Collection entries:
-- ===== src/Proxy/Dispatch/Loop.antt =====
-- How the loop of `handle` goes on and ends, and what preparing a statement leaves.
use mindsdb_database_ai.Prelude.{
  ℕ, zero, suc, ◌+◌, ◌≡◌, refl, sym, ap, ◌∙◌, arith, Bool, true, false, Option, none, some, List,
  [], ◌∷◌, ◌++◌, Exn, ok, raise, map, All, ==_refl, ==_ne, append-nil, replicate, ◌==◌, Bool-cases,
  inl, inr, if◌then◌else◌,
}
use mindsdb_database_ai.Prelude.Bytes.{Bytes}
use mindsdb_database_ai.Prelude.Text.{Str, decode}
use mindsdb_database_ai.Prelude.Table.{Table, contains, insert, lookup-insert}
use mindsdb_database_ai.Wire.Datum.{Value, bytes}
use mindsdb_database_ai.Session.{Stmt, StmtType, register_stmt}
use mindsdb_database_ai.Proxy.Command.{
  Command, with_sql, execute, close, fetch, init_db, with_data, com_query, com_quit,
}
use mindsdb_database_ai.Proxy.Dispatch.{
  Session, Outcome, Engine, Sent, err_sent, header_sent, column_sent, eof_sent, ok_sent, row_sent,
  last_sent, engine_sent, er_syntax_error, plan_of, definitions, planned, prepare_registered,
  prepare_query, answer_stmt_prepare, answer, caught, is_quit, handle, number,
}

module _ {ℓ κ μ ν} {S : Type ℓ} {W : Type κ} {Row : Type μ} {R : Type ν} (engine : Engine S W Row R)
    (deprecate_eof : Bool) where
  -- What ends a connection: COM_QUIT, or no packet.
  pub data IsEnd : Option Command → Type 0 where
    no_packet : IsEnd none
    quits :
        (type rest : Value)
        → number engine deprecate_eof type ≡ com_quit
        → IsEnd (some (with_data type rest))

  abbrev pub GoesOn : Command → Type 0
  GoesOn c = ¬ IsEnd (some c)

  GoesOn-is_quit : (c : Command) → GoesOn c → is_quit engine deprecate_eof c ≡ false
  GoesOn-is_quit (with_data type rest) h =
      ==_ne (number engine deprecate_eof type) com_quit (λ e. h (quits type rest e))
  GoesOn-is_quit (with_sql type sql) h = refl
  GoesOn-is_quit (execute i flags count ps) h = refl
  GoesOn-is_quit (close i) h = refl
  GoesOn-is_quit (fetch i limit) h = refl
  GoesOn-is_quit (init_db name) h = refl

  abbrev pub error_packet : Option ℕ → List (Sent Row R)
  error_packet none = []
  error_packet (some code) = err_sent code ∷ []

  -- The commands are answered one after the other; if one raises, what it had sent is followed by an
  -- error packet.
  pub answer_all : List Command → Session S W → Session S W × List (Sent Row R)
  answer_all [] s = (s, [])
  answer_all (c ∷ commands) s =
      let (s', sent, error) = answer engine deprecate_eof c s in
      let (s'', more) = answer_all commands s' in (s'', (sent ++ error_packet error) ++ more)

  caught_lem :
      (o : Outcome S W Row R)
      → ((caught engine deprecate_eof o).0 ≡ o.0)
        × ((caught engine deprecate_eof o).1 ≡ o.1 ++ error_packet o.2)
  caught_lem (s, sent, none) = (refl, sym (append-nil sent))
  caught_lem (s, sent, some code) = (refl, refl)

  -- The commands before the first COM_QUIT, or before the point where no packet comes, are answered
  -- one after the other, each from the session that the one before left, and also behind one that
  -- raises, which adds an error packet; then the connection has ended, and what stands behind is not
  -- looked at.
  pub handle-IsEnd :
      (commands : List Command) (end : Option Command) (rest : List (Option Command))
      (s : Session S W)
      → All GoesOn commands
      → IsEnd end
      → handle engine deprecate_eof (map some commands ++ end ∷ rest) s
        ≡ (let (s', sent) = answer_all commands s in (false, s', sent))
  unfolding handle answer_all
  handle-IsEnd [] end rest s h ends = at_end ends
    where
      at_end :
          {c : Option Command} → IsEnd c → handle engine deprecate_eof (c ∷ rest) s ≡ (false, s, [])
      at_end no_packet = refl
      at_end (quits type more e) = rw (handle, e) refl
  handle-IsEnd (c ∷ commands) end rest s h ends =
      let (same, sent_same) = caught_lem (answer engine deprecate_eof c s) in
      rw (handle, GoesOn-is_quit c h.0, same, sent_same, handle-IsEnd commands end rest _ h.1 ends)
        refl

  -- A statement whose text is no UTF-8 is answered with two error packets.
  pub answer-undecodable :
      (type : Value) (bs : Bytes) {e : Exn} (s : Session S W)
      → decode bs ≡ raise e
      → caught engine deprecate_eof (answer engine deprecate_eof (with_sql type (bytes bs)) s)
        ≡ (s, err_sent er_syntax_error ∷ err_sent er_syntax_error ∷ [])
  unfolding answer
  answer-undecodable type bs s h =
      elim (Bool-cases (number engine deprecate_eof type == com_query)) [
        | inl q ↦ rw (answer, q, h)
        | inr q ↦ rw (answer, q, h)
      ]

  -- Column definitions in an answer.
  pub count_columns : List (Sent Row R) → ℕ
  count_columns [] = 0
  count_columns (column_sent ∷ sent) = suc (count_columns sent)
  count_columns (_ ∷ sent) = count_columns sent

  count_columns-append :
      (xs ys : List (Sent Row R)) → count_columns (xs ++ ys) ≡ count_columns xs + count_columns ys
  unfolding count_columns
  count_columns-append [] ys = omega arith
  count_columns-append (column_sent ∷ xs) ys = ap suc (count_columns-append xs ys) ∙ omega arith
  count_columns-append (ok_sent ∷ xs) ys = count_columns-append xs ys
  count_columns-append (err_sent code ∷ xs) ys = count_columns-append xs ys
  count_columns-append (header_sent i c p ∷ xs) ys = count_columns-append xs ys
  count_columns-append (eof_sent ∷ xs) ys = count_columns-append xs ys
  count_columns-append (row_sent r ∷ xs) ys = count_columns-append xs ys
  count_columns-append (last_sent st ∷ xs) ys = count_columns-append xs ys
  count_columns-append (engine_sent r ∷ xs) ys = count_columns-append xs ys

  count_columns-replicate : (n : ℕ) → count_columns (replicate n column_sent) ≡ n
  unfolding count_columns
  count_columns-replicate zero = refl
  count_columns-replicate (suc n) = ap suc (count_columns-replicate n)

  count_columns-eof : (b : Bool) → count_columns (if b then [] else eof_sent ∷ []) ≡ 0
  unfolding count_columns
  count_columns-eof true = refl
  count_columns-eof false = refl

  count_columns-definitions : (n : ℕ) → count_columns (definitions engine deprecate_eof n) ≡ n
  unfolding count_columns
  count_columns-definitions zero = refl
  count_columns-definitions (suc n) = omega (
    arith,
    count_columns-append (replicate (suc n) column_sent)
        (if deprecate_eof then [] else eof_sent ∷ []),
    count_columns-replicate (suc n),
    count_columns-eof deprecate_eof,
  )

  -- The statement `i` is there; either nothing was sent, or the answer announces what it defines.
  abbrev pub Prepared : ℕ → Outcome S W Row R → Type (μ ⊔ ν)
  Prepared i (s, sent, some code) = (contains i s.prepared_stmts ≡ true) × (sent ≡ [])
  Prepared i (s, sent, none) =
      (contains i s.prepared_stmts ≡ true)
      × ((c : ℕ) × (p : ℕ) × (more : List (Sent Row R)) × (sent ≡ header_sent i c p ∷ more)
          × (count_columns more ≡ p + c))

  contains-insert :
      (i : ℕ) (v : Stmt S) (stmts : Table (Stmt S)) → contains i (insert i v stmts) ≡ true
  contains-insert i v stmts = rw (lookup-insert i i v stmts, ==_refl i)

  planned-Prepared :
      (i : ℕ) (query : S) (s : Session S W) (t : Option StmtType) (error : Option ℕ) (c p : ℕ)
      → Prepared i (
          planned engine deprecate_eof i query s
            (record { stmt_type = t; error = error; num_columns = c; num_params = p }))
  planned-Prepared i query s t none c p = (
    contains-insert i _ s.prepared_stmts,
    (
      c,
      p,
      definitions engine deprecate_eof p ++ definitions engine deprecate_eof c,
      refl,
      omega (
        arith,
        count_columns-append (definitions engine deprecate_eof p)
            (definitions engine deprecate_eof c),
        count_columns-definitions p,
        count_columns-definitions c,
      ),
    ),
  )
  planned-Prepared i query s t (some code) c p = (contains-insert i _ s.prepared_stmts, refl)

  prepare_registered-Prepared :
      (i : ℕ) (s : Session S W) (q : Option ℕ × S)
      → Prepared i (prepare_registered engine deprecate_eof i s q)
  unfolding prepare_registered
  prepare_registered-Prepared i s (some code, query) = (contains-insert i _ s.prepared_stmts, refl)
  prepare_registered-Prepared i s (none, query) =
      let p =
        plan_of s.database (engine.parsed query) (engine.columns query) (engine.parameters query) in
      planned-Prepared i query s p.stmt_type p.error p.num_columns p.num_params

  -- A statement for which a query was made and a number `i` was free keeps that number, also where
  -- preparing it fails, which sends nothing of its own; where it succeeds, the answer is a header
  -- with `i` and two counts, behind it as many definitions as these announce.
  pub answer_stmt_prepare-Prepared :
      (sql : Str) (s : Session S W) {sqlquery : S} {stmts : Table (Stmt S)} {i : ℕ}
      → engine.new_query sql s ≡ (none, sqlquery)
      → register_stmt sqlquery s.prepared_stmts ≡ ok (stmts, i)
      → Prepared i (answer_stmt_prepare engine deprecate_eof sql s)
  unfolding answer_stmt_prepare
  answer_stmt_prepare-Prepared sql s {sqlquery} {stmts} {i} hq hr =
      rw (answer_stmt_prepare, hq, prepare_query, hr) (prepare_registered-Prepared i _ _)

> [TASK GOAL] In the data above, each line holding "close" is to be found and copied.

> [ANSWER TO THIS EXERCISE]
  Command, with_sql, execute, close, fetch, init_db, with_data, com_query, com_quit,
  GoesOn-is_quit (close i) h = refl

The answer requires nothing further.